IONOPHORE A23187 - EFFECT OF H+ CONCENTRATION ON COMPLEX-FORMATION WITH DIVALENT AND MONOVALENT CATIONS AND DEMONSTRATION OF K+-TRANSPORT IN MITOCHONDRIA MEDIATED BY A23187

The 2 phase extraction technique was used to study the equilibrium between A23187 (C29H37N3O6), metal cations and H+. Under these conditions the ionophore forms charge neutral isostoichiometric complexes with divalent cations in which both carboxylate groups of the 2:1 A23187:M2+ complexes are deprotonated. In ethanol the methyl ester of A23187 also binds divalent cations, indicating that protonated complexes between A23187 and cations should also exist. With monovalent cations A23187 forms 2 charge-neutral complexes of stoichiometrics and relative stabilities: A2HM > AM. Examination of energy utilization, K+ and H+ movements and light scattering capacity of rat liver mitochondria in the presence of divalent cation chelators, A23187 and valinomycin demonstrates that A23187 can act as a nigericin type K+ ionophore under appropriate conditions. Formation constants for the A2HM complexes with monovalent cations indicate that with appropriate conditions transport of Li+ and Na+ mediated by A23187 would be expected. The binding constant data and associated free energies of complex formation are compared as a function of ionic radius and of cation charge. Lack of conformational mobility in A23187 may be responsible for the high cation size selectivity of this compound.
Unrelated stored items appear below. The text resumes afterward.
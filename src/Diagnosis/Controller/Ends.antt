-- ===== src/Diagnosis/Controller/Ends.antt =====
-- A run of `AnalysisController` (tools/viewer/web/ai_provider.js) comes to an end.
use open_fpgastudio.Base.{
  ℕ, ◌+◌, ◌<◌, ◌≡◌, refl, sym, ap, subst, ◌∙◌, Bool, true, false, Bool-cases, ◌⊎◌, ◌≤◌, inl, inr,
  not, ◌||◌, Option, none, some, List, [], ◌∷◌, length, arith, ltb, ◌==◌, ==_iff,
}
use open_fpgastudio.Diagnosis.Controller.{
  Status, completed, cancelled, failed, Reason, ProviderError, Checked, passed, refused, broke,
  Shown, Attempt, Controller, update, show, finish, shown_error, throw_error, retry_or_throw,
  provider_throws, validate_shown, settle_reply, provider_replies,
}

-- What a provider does when it is called: it replies, and the validator has a verdict on that, or it
-- throws.
pub data Reply (Result : Type 0) : Type 0 where
  replied : Checked Result → Reply Result
  threw : ProviderError → Reply Result

-- Over, in one way or another.
abbrev pub is_ended : Status → Bool
is_ended completed = true
is_ended cancelled = true
is_ended failed = true
is_ended _ = false

module _ {Result : Type 0} where
  -- The next of the provider's replies to the latest run, while this waits.
  abbrev pub take_reply : Option Attempt → Reply Result → Controller Result → Controller Result
  take_reply none reply c = c
  take_reply (some a) (replied verdict) c = provider_replies c.generation verdict c
  take_reply (some a) (threw e) c = provider_throws c.generation e c

  abbrev pub take_replies : List (Reply Result) → Controller Result → Controller Result
  take_replies [] c = c
  take_replies (reply ∷ replies) c =
      take_replies replies (take_reply (c.waiting c.generation) reply c)

  abbrev IsOver : ℕ → Controller Result → Type 0
  IsOver g c =
      (c.generation ≡ g)
      × (c.waiting g ≡ none)
      × (is_ended c.shown.status ≡ true)
      × (c.shown.generation ≡ g)

  over_stays :
      (replies : List (Reply Result)) (c : Controller Result)
      → IsOver c.generation c
      → take_replies replies c ≡ c
  over_stays [] c h = refl
  over_stays (reply ∷ replies) c h = rw h.1 (over_stays replies c h)

  finish-IsOver :
      (c : Controller Result) (s : Shown Result)
      → is_ended s.status ≡ true
      → s.generation ≡ c.generation
      → IsOver c.generation (finish c.generation (record c { shown = s }))
  unfolding finish
  finish-IsOver c s h k = (refl, ground arith, h, k)

  error_ended :
      (g : ℕ) (reason : Reason) (c : Controller Result)
      → is_ended (shown_error g reason c).status ≡ true
  unfolding shown_error
  error_ended g reason c = ground arith

  error_generation :
      (g : ℕ) (reason : Reason) (c : Controller Result) → (shown_error g reason c).generation ≡ g
  unfolding shown_error
  error_generation g reason c = ground arith

  throw-IsOver :
      (reason : Reason) (c : Controller Result)
      → IsOver c.generation (throw_error c.generation reason c)
  unfolding throw_error
  throw-IsOver reason c =
      let same : (c.generation == c.generation) ≡ true =
        (==_iff c.generation c.generation).1 refl in
      rw same (
        finish-IsOver c (shown_error c.generation reason c) (error_ended c.generation reason c)
          (error_generation c.generation reason c))

  verdict-IsOver :
      (v : Checked Result) (c : Controller Result)
      → IsOver c.generation (settle_reply c.generation v (validate_shown c))
  unfolding settle_reply validate_shown
  verdict-IsOver refused c = throw-IsOver _ (validate_shown c)
  verdict-IsOver broke c = throw-IsOver _ (validate_shown c)
  verdict-IsOver (passed result) c =
      finish-IsOver c (show completed c.generation (some result) none) refl refl

  reply-IsOver :
      (verdict : Checked Result) (c : Controller Result)
      → IsOver c.generation (provider_replies c.generation verdict c)
  unfolding provider_replies
  reply-IsOver verdict c =
      let same : (c.generation == c.generation) ≡ true =
        (==_iff c.generation c.generation).1 refl in
      rw same (verdict-IsOver verdict c)

  -- One more attempt.
  abbrev again : Attempt → Controller Result → Controller Result
  again a c = record c {
    waiting = update c.waiting c.generation (some (record a { attempt = a.attempt + 1 }));
  }

  again_waiting :
      (a : Attempt) (c : Controller Result)
      → (again a c).waiting c.generation ≡ some (record a { attempt = a.attempt + 1 })
  again_waiting a c = ground arith

  -- What a run has come to when its provider throws.
  throws_lem :
      (a : Attempt) (e : ProviderError) (c : Controller Result)
      → c.waiting c.generation ≡ some a
      → IsOver c.generation (provider_throws c.generation e c)
        ⊎ ((a.attempt < a.retries) × (provider_throws c.generation e c ≡ again a c))
  unfolding provider_throws retry_or_throw
  throws_lem a e c h =
      elim (Bool-cases (e.is_abort || not e.retryable || not (ltb a.attempt a.retries))) [
        | inl stop ↦ inl (rw (h, stop) (throw-IsOver _ c))
        | inr go ↦ inr (ground arith, rw (h, go))
      ]

  -- What is left of the replies to a run that is over changes nothing.
  settled_by :
      (replies : List (Reply Result)) (g : ℕ) (d : Controller Result)
      → IsOver g d
      → IsOver g (take_replies replies d)
  settled_by replies g d (same, none_waits, ended, own) =
      subst (IsOver g)
        (sym (over_stays replies d (refl, ap d.waiting same ∙ none_waits, ended, own ∙ sym same)))
        (same, none_waits, ended, own)

  -- The first reply reaches the run that waits.
  first_reply :
      (reply : Reply Result) (replies : List (Reply Result)) (a : Attempt) (c d : Controller Result)
      → c.waiting c.generation ≡ some a
      → take_reply (some a) reply c ≡ d
      → take_replies (reply ∷ replies) c ≡ take_replies replies d
  first_reply reply replies a c d h step =
      ap (λ m. take_replies replies (take_reply m reply c)) h ∙ ap (take_replies replies) step

  -- A run whose provider replies or throws whenever it is called comes to an end: after as many replies
  -- as it has retries left, and one more, it waits no longer, what is shown belongs to it and is
  -- completed, failed or cancelled.
  pub take_replies_ends :
      (replies : List (Reply Result)) (a : Attempt) (c : Controller Result)
      → c.waiting c.generation ≡ some a
      → a.retries < a.attempt + length replies
      → a.attempt ≤ a.retries
      → let d = take_replies replies c in
        (d.generation ≡ c.generation)
        × (d.waiting c.generation ≡ none)
        × (is_ended d.shown.status ≡ true)
        × (d.shown.generation ≡ c.generation)
  take_replies_ends [] a c h enough small = absurd (omega arith)
  take_replies_ends (replied verdict ∷ replies) a c h enough small =
      subst (IsOver c.generation) (sym (first_reply (replied verdict) replies a c _ h refl)) (
        settled_by replies c.generation (provider_replies c.generation verdict c)
          (reply-IsOver verdict c))
  take_replies_ends (threw e ∷ replies) a c h enough small = elim (throws_lem a e c h) [
    | inl over ↦
        subst (IsOver c.generation) (sym (first_reply (threw e) replies a c _ h refl))
          (settled_by replies c.generation (provider_throws c.generation e c) over)
    | inr (more, same) ↦
        subst (IsOver c.generation) (sym (first_reply (threw e) replies a c (again a c) h same)) (
          take_replies_ends replies (record a { attempt = a.attempt + 1 }) (again a c)
            (again_waiting a c) (omega arith) (omega arith))
  ]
To explain the transport selectivity of A23187 for divalent cations, it is proposed that this ionophore forms a family of 5 complexes, isostoichiometric between cations of different valence but of which only charge-neutral species are permeant to membranes. The charge of a given complex is in turn determined by that of the cation. The concept is consistent with the divalent cation transport specificity of A23187, explains the observed monovalent cation transport and is useful in rationalizing the differences in charge selectivity between A23187 and X-537A (lasalocid).